The University of Primorska has conducted a study on the impact of the pandemic on the traffic-related mortality of wildlife in Slovenia
Collisions with vehicles are a major cause of wildlife mortality. During the COVID-19 pandemic, many countries enforced lockdowns that reduced vehicular traffic and consequently collisions between cars and wildlife.
But how big was this change? Was it heterogeneous across different wildlife species? And which consequences could it bear for wildlife management, in the long term? The University of Primorska, leading the Citizen Science Initiative on wildlife conservation in Slovenia, has published a paper on the Journal of Applied Ecology addressing these urgent questions.

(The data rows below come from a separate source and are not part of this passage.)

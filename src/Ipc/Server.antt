-- ===== src/Ipc/Server.antt =====
-- The sessions of Source/ryazha-clk/sysmodule/src/ipc/ipc_server.c. What the kernel answers is part of
-- each call. The handler's result and its data are taken to be ready when the response is prepared.
pub mod Sessions
pub mod Open
use rcu.Base.{
  ℕ, zero, suc, ◌+◌, ◌-◌, Bool, true, false, not, ◌&&◌, ◌||◌, Option, none, some, List, [], ◌∷◌,
  ltb, leb, ◌==◌, if◌then◌else◌, for_below, ℤ, pos, negsuc,
}
use rcu.Ipc.Request.{
  Result, success, bad_input, out_of_memory, not_found, unknown_type, timed_out, succeeded, Kind,
  request, close, other_kind, Hipc, Data, parse_request,
}

-- `IpcServer`, with the handles that `svcCloseHandle` was called for, the newest first.
pub record Server : Type 0 where
  pub handles : ℕ → ℕ
  pub max : ℕ
  pub count : ℕ
  pub closed : List ℕ

abbrev pub put_handle : ℕ → ℕ → Server → Server
put_handle i h s = record s { handles = λ j. if j == i then h else s.handles j }

abbrev pub close_handle : ℕ → Server → Server
close_handle h s = record s { closed = h ∷ s.closed }

-- `ipcServerInit`, where `wait_objects` is libnx's `MAX_WAIT_OBJECTS` and `registered` what
-- `smRegisterService` returns, with the handle that it gives.
unfoldable pub init : ℕ → ℕ → Result × ℕ → Server → Result × Server
init wait_objects max_sessions (registered, port) s =
    if ltb max_sessions 1 || ltb (wait_objects - 1) max_sessions
    then (bad_input, s)
    else let opened = put_handle 0 port (record s { max = max_sessions + 1; count = 0 }) in
      if succeeded registered
      then (registered, record opened { count = 1 })
      else (registered, record s { max = max_sessions + 1; count = 0 })

-- `_ipcServerAddSession`.
unfoldable pub add_session : ℕ → Server → Result × Server
add_session session s =
    if leb s.max s.count
    then (out_of_memory, s)
    else (success, record (put_handle s.count session s) { count = s.count + 1 })

-- `for(u32 j = index; j < (server->count - 1); j++)`: the rounds that are left, from `j` on.
abbrev pub shift_down : ℕ → ℕ → (ℕ → ℕ) → ℕ → ℕ
shift_down zero j handles = handles
shift_down (suc n) j handles =
    shift_down n (j + 1) (λ i. if i == j then handles (j + 1) else handles i)

-- `_ipcServerDeleteSession`.
unfoldable pub delete_session : ℕ → Server → Result × Server
delete_session index s = if index == 0 || leb s.count index then (bad_input, s) else (
  success,
  record s {
    handles = shift_down (s.count - 1 - index) index s.handles;
    count = s.count - 1;
    closed = s.handles index ∷ s.closed;
  },
)

-- `_ipcServerProcessNewSession`, by what `svcAcceptSession` returns.
unfoldable pub process_new_session : Result × ℕ → Server → Result × Server
process_new_session (accepted, session) s =
    if succeeded accepted
    then (let (rc, t) = add_session session s in
        if succeeded rc then (rc, t) else (rc, close_handle session t))
    else (accepted, s)

-- What the kernel answers while a session is served: the two calls of `svcReplyAndReceive`.
pub record Exchange : Type 0 where
  pub received : Result
  pub hipc : Hipc
  pub replied : Result

-- The response that `_ipcServerPrepareResponse` writes: the result, and the data if it succeeded.
pub record Response (R : Type 0) : Type 0 where
  pub result : Result
  pub reply : Option R

abbrev pub prepare_response : {R : Type 0} → Result → Option R → Response R
prepare_response rc reply = record { result = rc; reply = if succeeded rc then reply else none }

-- The handler: from a request and its state to a result, data and the new state.
abbrev pub Handler : Type 0 → Type 0 → Type 0
Handler S R = Hipc → Data → S → Result × (Option R × S)

-- The `switch` of `_ipcServerProcessSession`: the response, the new state, and `close`.
abbrev pub respond : {S R : Type 0} → Handler S R → Hipc → Data → S → Response R × (S × Bool)
respond handler r d state = elim r.kind [
  | request ↦
      let (rc, (reply, after)) = handler r d state in (prepare_response rc reply, (after, false))
  | close ↦ (prepare_response success none, (state, true))
  | other_kind ↦ (prepare_response unknown_type none, (state, false))
]

abbrev pub or_success : Result → Result
or_success timed_out = success
or_success r = r

-- The end of `_ipcServerProcessSession`.
abbrev pub close_if : Bool → ℕ → Server → Server
close_if b index s = if b then (delete_session index s).1 else s

-- What a call leaves: the result, the response if one was sent, the state of the handler, the server.
pub record After (S : Type 0) (R : Type 0) : Type 0 where
  pub result : Result
  pub response : Option (Response R)
  pub state : S
  pub server : Server

-- `_ipcServerProcessSession` from where the request has been parsed.
unfoldable pub serve :
    {S R : Type 0} → Handler S R → ℕ → Exchange → Option Data → S → Server → After S R
serve handler index x none state s = record {
  result = bad_input;
  response = none;
  state = state;
  server = close_if true index s;
}
serve handler index x (some d) state s =
    let (response, (after, closes)) = respond handler x.hipc d state in
    let rc = or_success x.replied in
    record {
      result = rc;
      response = some response;
      state = after;
      server = close_if (not (succeeded rc) || closes) index s;
    }

-- `_ipcServerProcessSession`.
unfoldable pub process_session :
    {S R : Type 0} → Handler S R → ℕ → Exchange → S → Server → After S R
process_session handler index x state s =
    if succeeded x.received then serve handler index x (parse_request x.hipc) state s else record {
      result = x.received;
      response = none;
      state = state;
      server = close_if true index s;
    }

-- What the kernel answers in a call of `ipcServerProcess`.
pub record Wake : Type 0 where
  pub waited : Result
  pub index : ℤ
  pub accepted : Result × ℕ
  pub exchange : Exchange

abbrev pub unserved : {S R : Type 0} → Result → S → Server → After S R
unserved rc state s = record { result = rc; response = none; state = state; server = s }

abbrev pub process_at : {S R : Type 0} → Handler S R → Wake → ℕ → S → Server → After S R
process_at handler w i state s =
    if leb s.count i
    then unserved not_found state s
    else if i == 0
    then (let (rc, t) = process_new_session w.accepted s in unserved rc state t)
    else process_session handler i w.exchange state s

-- `ipcServerProcess`.
unfoldable pub process : {S R : Type 0} → Handler S R → Wake → S → Server → After S R
process handler w state s =
    if succeeded w.waited
    then elim w.index [
      | pos i ↦ process_at handler w i state s
      | negsuc i ↦ unserved not_found state s
    ]
    else unserved w.waited state s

The UP Team has modelled how the two lockdowns, held in spring and autumn 2020 to mitigate the spread of COVID-19, influenced wildlife-vehicle collisions throughout Slovenia. Researchers used data about wildlife-vehicle collisions from the past decade (2009-2019) to generate forecasts about 2020 and then compared them to real weekly collisions, that were observed for European roe deer, red fox, Eurasian badger, brown hare, stone marten, wild boar, and red deer.
The study points out that reductions in human mobility can indeed reduce collisions between cars and wildlife. However, this reduction is quite different across different species and it can also generate compensatory effects beyond lockdowns. For instance, during the autumn lockdown, although significantly fewer collisions for roe deer and wild boar were observed, an excess of collisions with badgers was noted.
In order to improve population monitoring and management, the Hunters Association of Slovenia (HAS) had already established in 2006 an on-line information system for collecting and archiving data on wildlife mortality, including roadkill, while also developing a reporting scheme for non-hunters through the regional emergency call centres.
The pandemic has made possible an unprecedented large-scale field experiment to test the effects of human mobility on wildlife ecology and behaviour. Diverse sets of data can help understand the complexity of COVID-19 effects on wildlife, while assessing the magnitude of change in the number of roadkill, its interplay with the biology of each species, and its consequences for wildlife management and conservation.
The study claims that findings should support a species-specific perspective when it comes to evaluating management interventions caused by changes in vehicular traffic. Last but not least, the authors contend that data sharing initiatives aiming to create large collaborative datasets combining data from both structured sampling schemes and citizen science should be fostered.